I saw an Instagram post recently that said “Your body knows what it needs; you just have to listen to it,” and while that sounds really shiny and pretty and easy, I don’t think that’s always the case. For one, this phrase assumes that your body is 100% clear in telling you what it needs, and that’s not always the case, especially when recovering from disordered eating when your hunger/fullness signals can be muted. Also, listening to your body can be really hard if you’re not used to it, and even if you have practice, sometimes it’s still hard to do. I’d compare this to what it was like for me to teach children’s cooking classes this summer. I would ask my co-worker a question across the room and even though I could mostly read her lips and even hear a few words, there were 25 kids between us talking and dropping things and laughing and singing (yes), so it was anyone’s best guess as to what she was saying. Sometimes I understood it and sometimes I didn’t, and sometimes I just had to make up the answer for myself.

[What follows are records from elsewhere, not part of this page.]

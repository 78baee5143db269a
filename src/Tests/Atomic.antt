-- ===== src/Tests/Atomic.antt =====
-- Two harts at one word, instruction by instruction, and words of a type.
use gquuuuuunix.Base.{◌≤◌, ◌-◌, ℕ, ◌^◌, ◌<◌, ◌≡◌, ◌≢◌, ◌↔◌, ◌⊎◌, inl, refl, some, [], ◌∷◌, arith}
use gquuuuuunix.Outcome.{ok}
use gquuuuuunix.Cpu.Nesting.{IsNested, outer_ena}
use gquuuuuunix.Atomic.{kept, lost}
use gquuuuuunix.Atomic.{atomic_store_i32}
use gquuuuuunix.Atomic.Typed.{atomic_int, atomic_ulong, test_set, atomic_load, typed_lem}
use gquuuuuunix.Atomic.Reservation.{
  Op, cmp_xchg, finished, call, lr_cmp_xchg, differs, sc_cmp_xchg, sc_cmp_xchg_fails, System, pick,
  Reach, start, later,
}
use gquuuuuunix.Atomic.Reservation.Linear.{
  replay, history, calls, pending, prepend, ops_of, latest, linearizable,
}
use gquuuuuunix.Tests.Data.{core_of}

-- Both harts read 0 for a compare-and-exchange; hart 1 writes first, so that hart 0 fails and reads
-- again.
abbrev contended : (s : System) × Reach 0 s
contended = (
  _,
  later
      (later
        (later
          (later
            (later
              (later
                (later (later start (pick 0 (call (cmp_xchg 0 1)))) (pick 1 (call (cmp_xchg 0 2))))
                (pick 0 (lr_cmp_xchg 0 1)))
              (pick 1 (lr_cmp_xchg 0 2)))
            (pick 1 (sc_cmp_xchg refl refl)))
          (pick 0 (sc_cmp_xchg_fails refl)))
        (pick 0 (lr_cmp_xchg 0 1)))
      (pick 0 (differs (omega arith))),
)

linearizable_example :
    (replay 0 (history contended.1) ≡ some 2)
    × ((h : ℕ)
        → calls h contended.1
          ≡ prepend (pending (contended.0.pc h)) (ops_of h (history contended.1)))
    × ((h old : ℕ) (op : Op)
        → contended.0.pc h ≡ finished op old
        → latest h (history contended.1) ≡ some (op, old))
linearizable_example = linearizable contended.1

core_of-IsNested : IsNested 4 (core_of 1)
core_of-IsNested = record { fits = omega arith; bounded = omega arith; masked = inl refl }

typed_lem_example :
    (test_set atomic_int 5 (core_of 1)
      ≡ ok (record { old = 5; word = 1; core = outer_ena (core_of 1) }))
    × (atomic_load atomic_int 5 ≡ 5
        ↔ ((atomic_int ≢ atomic_ulong) ⊎ (5 < 2 ^ 31) ⊎ (2 ^ 64 - 2 ^ 31 ≤ 5)))
    × (atomic_int ≡ atomic_int
        → atomic_store_i32 (lost 8 ∷ kept ∷ []) 5 (core_of 1) ≡ ok (5, outer_ena (core_of 1)))
typed_lem_example =
    typed_lem atomic_int (lost 8 ∷ []) [] 5 3 (core_of 1) (omega arith) core_of-IsNested
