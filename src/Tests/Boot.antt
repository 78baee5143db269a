-- ===== src/Tests/Boot.antt =====
-- Three harts boot, one of them late.
use gquuuuuunix.Base.{
  ap, none, some, Bool, true, false, ◌↔◌, ℕ, ◌≤◌, ◌<◌, ◌≡◌, ◌≢◌, refl, List, [], ◌∷◌, update, arith,
}
use gquuuuuunix.Riscv.{w_stvec}
use gquuuuuunix.Cpu.{Context}
use gquuuuuunix.Task.{Task, Image, add_task, spawn, spawn_all, init_locks, boot_tasks}
use gquuuuuunix.Boot.{
  entry, cleared, booting, placed, waiting, in_scheduler, Kernel, zero_clock, branch, at_pc, Step,
  clear, vector, place, publish, Reach, here, later, IsPowered,
}
use gquuuuuunix.Boot.Order.{boot_order}
use gquuuuuunix.Boot.Flag.{late_clear}
use gquuuuuunix.Boot.Release.{everyone_enters}
use gquuuuuunix.Boot.World.{zero_table, scheduler_world}
use gquuuuuunix.Boot.Whole as Whole
use gquuuuuunix.Boot.Whole.{scheduling}
use gquuuuuunix.Boot.Whole.Safety.{whole_is_safe}
use gquuuuuunix.Boot.Ordering as Ordering
use gquuuuuunix.Boot.Ordering.Needed.{set_up_published}
use gquuuuuunix.Sched.System.{World, round}
use gquuuuuunix.Sched.System.Moved.{runs}
use gquuuuuunix.Sched.System.Safety.{Proceeds}
use gquuuuuunix.Tests.Data.{csrs_of, context_at, ready_task}

abbrev image : Image
image = record { dummy_task = 2147487744; task_stack = 2147500032 }

abbrev statics : List Task
statics = ready_task ∷ ready_task ∷ []

abbrev kernelvec : ℕ
kernelvec = 2147484672

abbrev powered : Kernel
powered = record {
  flag = 1;
  table = zero_table;
  clock = zero_clock;
  csrs = csrs_of;
  pc = λ _. entry;
}

powered-IsPowered : IsPowered powered
powered-IsPowered = record { at_entry = λ h. refl; id = λ h. refl }

-- Hart 0 boots, with harts 1 and 2 still at the entry.
abbrev zero_cleared : Kernel
zero_cleared = record (at_pc powered 0 cleared) { flag = 0 }

abbrev zero_armed : Kernel
zero_armed = record (at_pc zero_cleared 0 (branch (csrs_of 0))) {
  csrs = update csrs_of 0 (w_stvec kernelvec (csrs_of 0));
}

abbrev zero_placed : Kernel
zero_placed = record (at_pc zero_armed 0 placed) {
  clock = zero_clock;
  table = boot_tasks image statics zero_table;
}

-- Hart 1 comes to its wait.
abbrev one_cleared : Kernel
one_cleared = record (at_pc zero_placed 1 cleared) { flag = 0 }

abbrev one_armed : Kernel
one_armed = record (at_pc one_cleared 1 (branch (csrs_of 1))) {
  csrs = update one_cleared.csrs 1 (w_stvec kernelvec (csrs_of 1));
}

abbrev published : Kernel
published = record (at_pc one_armed 0 in_scheduler) { flag = 1 }

-- Harts 0 and 1 can do this with any others beside them.
boots : (n : ℕ) → 2 ≤ n → Reach n image kernelvec statics powered published
unfolding branch
boots n le =
    later
      (later
        (later
          (later (later (later here (clear 0 (omega arith) refl)) (vector 0 (omega arith) refl))
            (place 0 (omega arith) refl))
          (clear 1 (omega arith) refl))
        (vector 1 (omega arith) refl))
      (publish 0 (omega arith) refl)

published_reached : Reach 3 image kernelvec statics powered published
published_reached = boots 3 (omega arith)

boot_order_example :
    (published.pc 0 ≡ in_scheduler
      → (published.table ≡ boot_tasks image statics zero_table)
        × (published.clock ≡ zero_clock)
        × ((published.csrs 0).stvec ≡ kernelvec))
    × (published.pc 0 ≡ booting → ◌≡◌ {A = ℕ} 0 0)
boot_order_example =
    boot_order 3 image kernelvec statics powered powered-IsPowered published_reached 0

-- Hart 2 is still at the entry.
waits_at : published.pc 1 ≡ waiting
unfolding branch
waits_at = refl

late_clear_example :
    (u' : Kernel) × Step 3 image kernelvec statics published u'
    × ((v : Kernel) → Reach 3 image kernelvec statics u' v → v.pc 1 ≡ waiting)
late_clear_example =
    late_clear 3 image kernelvec statics powered powered-IsPowered published_reached 2 1
      (omega arith) refl refl waits_at

-- With the two harts alone, hart 1 goes on.
two_cleared : (h : ℕ) → h < 2 → published.pc h ≢ entry
unfolding branch
two_cleared h lt = ground (arith, lt)

everyone_enters_example :
    (w : Kernel) × Reach 2 image kernelvec statics published w
    × ((h : ℕ) → h < 2 → w.pc h ≡ in_scheduler)
everyone_enters_example =
    everyone_enters 2 image kernelvec statics powered powered-IsPowered (boots 2 (omega arith))
      (omega arith) two_cleared here

abbrev regs : ℕ → Context
regs h = context_at 200

published-Fits : (h : ℕ) → (published.csrs h).sstatus < 18446744073709551616
unfolding w_stvec
published-Fits h = ground arith

-- Hart 2 clears the flag while hart 0 begins a round.
abbrev late_two :
    (k : Kernel) × (w : World) × Whole.Reach 3 image kernelvec statics published
      (scheduler_world published regs)
      k
      w
late_two = (
  _,
  _,
  Whole.later (Whole.later Whole.here (Whole.booting (clear 2 (omega arith) refl)))
      (scheduling (round 0 (omega arith) refl) refl),
)

whole_is_safe_example :
    ((h j i : ℕ) → runs (late_two.1.pc h) ≡ some i → runs (late_two.1.pc j) ≡ some i → h ≡ j)
    × ((h : ℕ) → h < 3 → Proceeds late_two.1 h (late_two.1.pc h))
    × ((h : ℕ) → late_two.0.pc h ≢ in_scheduler → runs (late_two.1.pc h) ≡ none)
whole_is_safe_example =
    whole_is_safe image statics (omega arith) (omega arith) 3 kernelvec (omega arith) powered
      powered-IsPowered refl published_reached refl published-Fits regs late_two.2

zero_table-IsBlank : zero_table ≢ boot_tasks image statics zero_table
unfolding boot_tasks spawn_all spawn add_task init_locks
zero_table-IsBlank e = let counts : ◌≡◌ {A = ℕ} 0 2 = ap (λ t. t.task_nrs) e in omega arith

set_up_published_example :
    ((u : Kernel) (clock table : Bool)
      → Ordering.Reach false 3 image kernelvec statics powered u clock table
      → (h : ℕ) → u.pc h ≡ in_scheduler
      → h ≢ 0
      → (u.table ≡ boot_tasks image statics zero_table) × (u.clock ≡ zero_clock))
    ↔ ◌≡◌ {A = Bool} false true
set_up_published_example =
    set_up_published false 3 image kernelvec statics powered powered-IsPowered (omega arith)
      zero_table-IsBlank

I think this is a lot like how listening to your body can feel sometimes. In a perfect world, you would be able to just say “Are you hungry?” or “What would you like to eat today?” and a magic voice would speak and say “Yes, and I’d like 2 pieces of French toast and a handful of berries and a few bites of scrambled eggs and a latte to sip on,” and wouldn’t that just be so much easier? But unfortunately… that’s not how it works. Straightforward questions don’t always have answers when it comes to your body, and there is almost always a ton of noise happening, both inside and outside your body, that makes it hard to listen. Here are some ways to make self-checks more workable for your everyday life:
TURN THE NOISE DOWN
Goodness, we live in a loud, loud world. And while I’m typically okay with all the noise around me, it makes it hard to tune into my body. Noise doesn’t necessarily mean literal audio noise (although that can certainly be included); but it can mean anything from rushing thoughts, a busy schedule, or even getting distracted looking at Instagram photos of food that keep you from choosing what you really want to eat. Do me a favor: the next time you feel yourself unsure of how your body feels (hungry? tired? thirsty?), pull out a blank piece of paper or your phone notes and jot down all the things that are happening, both inside and outside your body – then see if there’s any you can eliminate or minimize. Can you carve out more time for lunch tomorrow so you’re less distracted? Should you skip the pre-meal social media browse? Anything to help you hear your body more clearly so you can figure out what it needs.
ASK NEW QUESTIONS
Before eating, I used to ask myself questions like, “Should I eat this?” or “Do I deserve this?” and I really thought it was me that came up with those questions – but now I realize that it’s diet culture talking. Nowadays, my favorite, favorite question to ask myself when I’m deciding what to eat is, “Would I feel deprived without this?” and if the answer is yes, I eat. Sometimes, reframing is everything and all it takes is a few different words.
Other questions to ask yourself:
- Will this be satisfying?
- What would this add to my day/week/life?
- Do I want this?
TREAT IT LIKE A FIRST DATE
Finally, remember that we are all on a lifelong first date with our bodies and getting to know them, since they change constantly – and change is both natural and necessary. Also, this helps avoid making assumptions that you always always know what your body needs and it allows you to continually ask questions and learn.
What do you do to tune in with your body better? Any tips you have to share?